- 会員限定
- 2022/02/22 掲載
内閣府「経済安全保障法制」にどう対応すべき? 金融機関が注視すべきポイント
大野博堂の金融最前線(45)
有識者会議での提言にみる経済安全保障関連法案の素案
これからの国会での経済安全保障の審議に先立ち、2月1日に「経済安全保障法制に関する有識者会議」による提言が公表された。金融機関では国を支えるインフラ作業として、とりわけ内国為替での対応における対応が重視される見通しだ。現在伝えられている要件をみると、金融機関における対応として必要なのは「サプライチェーンを踏まえた従来のサードパーティリスク対応の厳格化」、というのが筆者の見方である。そこで、「経済安全保障法案のポイント」を探りつつ、金融機関における論点の整理を試みる。
有識者会議での提言では、関連法案審議に際しての前提として最近の状況が示されている。これによれば「近年、厳しい安全保障環境や地政学的な緊張の高まりもあり、サイバー空間が国家間の争いの場となっている」としている。特定の国名を挙げてはいないものの、周辺国、とりわけ中国や北朝鮮などにおけるサイバーセキュリティ上のリスクを念頭に置いているであろうことがわかる。

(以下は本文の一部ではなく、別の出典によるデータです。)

-- ===== src/Handlers/Password.antt =====
-- handlePasswordGrant and handleClientCredentials of internal/handlers/handlers.go.
pub mod Credentials
use Prim.Native.String
use fake_auth.Base.{
  ℕ, ℤ, pos, String, Bool, true, false, not, ◌&&◌, ◌||◌, Option, none, some, List, [], ◌∷◌, or_else,
  ◌==◌, if◌then◌else◌,
}
use fake_auth.Text.{contains, or_text}
use fake_auth.Dict.{Dict, put}
use fake_auth.Json.{Value}
use fake_auth.Token.{IdTokenOptions, issue, issue_id_token}
use fake_auth.Database
use fake_auth.Database.{Fetched, found, missing, broken, get_by_email, verify_password}
use fake_auth.Grants
use fake_auth.Grants.{RefreshGrant, save_refresh_token}
use fake_auth.Audit.{log_token}
use fake_auth.Handlers.{
  Env, Draws, Config, counted, logged, State, Response, access_lifetime, id_lifetime, engine_of,
  send_json, error_json, described, report,
}
use fake_auth.Handlers.Issuing.{merge_claims, rule_user, shown_name, bearer, put_token}

-- The parameters of the grant.
pub record Login : Type 0 where
  pub username : String
  pub password : String
  pub client_id : String
  pub scope : String
  pub audience : String

abbrev pub wrong_password : Response
wrong_password = described 400 "invalid_grant" "Wrong email or password."

-- The audience asked for, or the default, which leaves nothing for the client's name to replace.
unfoldable pub audience_of : Login → String
unfolding or_text
audience_of l = or_text (or_text l.audience "https://api.example.com") l.client_id

unfoldable pub add_id_token :
    Config → Env → ℕ → Login → Database.User → String → Dict Value → Dict Value
unfolding put_token id_lifetime
add_id_token cfg env now l u session_id resp =
    let ru = rule_user cfg u l.client_id in
    let opts : IdTokenOptions = record {
      nonce = "";
      amr = "pwd" ∷ [];
      access_token = "";
      auth_code = "";
      session_id = session_id;
      custom_claims = or_else ru.id_token_claims [];
    } in
    if contains l.scope "openid"
    then put_token "id_token"
        (issue_id_token env.jwt cfg.issuer now u.id (audience_of l) l.client_id
          (pos (id_lifetime cfg)) l.scope ru.email (shown_name ru) "" (some opts))
        resp
    else resp

-- A refresh token, if the scope asks for one and there is a store.
unfoldable pub add_refresh :
    Draws
    → Option Grants.Store
    → Login
    → Database.User
    → String
    → Dict Value
    → Option Grants.Store × Dict Value
unfolding put_token
add_refresh draws none l u session_id resp = (none, resp)
add_refresh draws (some g) l u session_id resp =
    if contains l.scope "offline_access"
    then (let token = String.◌++◌ "rt_" (draws.uuid 1) in
        (
          some (
              save_refresh_token (draws.clock 2) (draws.clock 3) token
                (record {
                  user_id = u.id;
                  client_id = l.client_id;
                  scope = l.scope;
                  audience = "";
                  session_id = session_id;
                  expires_at = 0;
                })
                g),
          put_token "refresh_token" (some token) resp,
        ))
    else (some g, resp)

-- From the access token on.
issued : Config → Env → Draws → State → Login → Database.User → Option String → State × Response
unfolding add_id_token add_refresh bearer access_lifetime
issued cfg env draws s l u none =
    (report (counted "token_requests" ("password" ∷ "error" ∷ [])) s, error_json 500 "server_error")
issued cfg env draws s l u (some access_token) =
    let session_id = String.◌++◌ "sid_" (draws.uuid 0) in
    let s1 =
      report (logged (log_token (draws.clock 9) "password" u.id l.client_id true none))
        (report (counted "token_requests" ("password" ∷ "success" ∷ [])) s) in
    let plain = bearer (access_lifetime cfg) access_token in
    let named = add_id_token cfg env (draws.clock 1) l u session_id plain in
    let (kept, resp) = add_refresh draws s.grant_store l u session_id named in
    (record s1 { grant_store = kept }, send_json 200 resp)

password_tokens : Config → Env → Draws → State → Login → Fetched Database.User → State × Response
unfolding issued merge_claims access_lifetime
password_tokens cfg env draws s l missing = (s, wrong_password)
password_tokens cfg env draws s l (broken e) = (s, wrong_password)
password_tokens cfg env draws s l (found u) =
    if not (verify_password env.bcrypt u.password_hash l.password)
    then (s, wrong_password)
    else issued cfg env draws s l u (
        issue env.jwt cfg.issuer (draws.clock 0) u.id (audience_of l) l.client_id
          (pos (access_lifetime cfg))
          (merge_claims (rule_user cfg u l.client_id).access_token_claims
            cfg.extra_access_token_claims))

unfoldable pub handle_password_grant : Config → Env → Draws → State → Login → State × Response
unfolding password_tokens
handle_password_grant cfg env draws s l =
    if l.username == "" || l.password == ""
    then (s, wrong_password)
    else password_tokens cfg env draws s l
        (get_by_email (engine_of env draws 0) env.codec s.db l.username)

client_tokens : Config → State → Option String → State × Response
unfolding bearer access_lifetime
client_tokens cfg s none = (
  report (counted "token_requests" ("client_credentials" ∷ "error" ∷ [])) s,
  error_json 500 "server_error",
)
client_tokens cfg s (some token) = (
  report (counted "token_requests" ("client_credentials" ∷ "success" ∷ [])) s,
  send_json 200 (bearer (access_lifetime cfg) token),
)

unfoldable pub handle_client_credentials : Config → Env → Draws → State → String → State × Response
unfolding client_tokens access_lifetime
handle_client_credentials cfg env draws s client_id = client_tokens cfg s (
    issue env.jwt cfg.issuer (draws.clock 0) (String.◌++◌ "client|" client_id)
      "https://api.example.com" client_id (pos (access_lifetime cfg)) [])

さらに、「社会的に大きな混乱を発生させるもの」として、「国家の関与が疑われるものを含め、基幹インフラ事業を対象とするサイバー攻撃事案が多数発生している」と述べている。有識者会議では、国の基幹インフラへのサイバー攻撃を想定していることが明らかであり、「敵」からサイバー攻撃を介して狙われるであろう情報の外部漏えいや窃取の避止が本件の焦点であることが理解できる。
また2021年、米国のパイプラインの運用事業者がランサムウェアの被害を受け、原油の送管自体に潜む国家的なリスクが台頭したことも例示している。その上で提言は、「我が国の外部から我が国の基幹インフラ事業に対して妨害行為が行われるおそれが高まっている」としたことも興味深いところだ。
経済安全保障における金融機関の位置付け
2月1日の有識者会議による提言において、金融機関に直接かかわる部分は「基幹インフラの安全性・信頼性の確保」にかかる章である。提言では「近年、DXの著しい進展のために基幹インフラ事業の遂行はサイバー空間との関係なしには成り立たないもの」とし、「サプライチェーンが複雑化、グローバル化する中」とシーンを想定した上で、基幹インフラを取り巻くリスクの高さに警鐘を鳴らしている。
さらに、「通常の経済活動を通じて不正機能等が埋め込まれた製品を購入するリスク」が高まっているとも述べている。必ずしもDXの動向がこうしたリスクそのものを引き上げることの原因とは言えないものの、「当たり前と認識している経済行為そのものにも目配せすべき」としていることに注目すべきである。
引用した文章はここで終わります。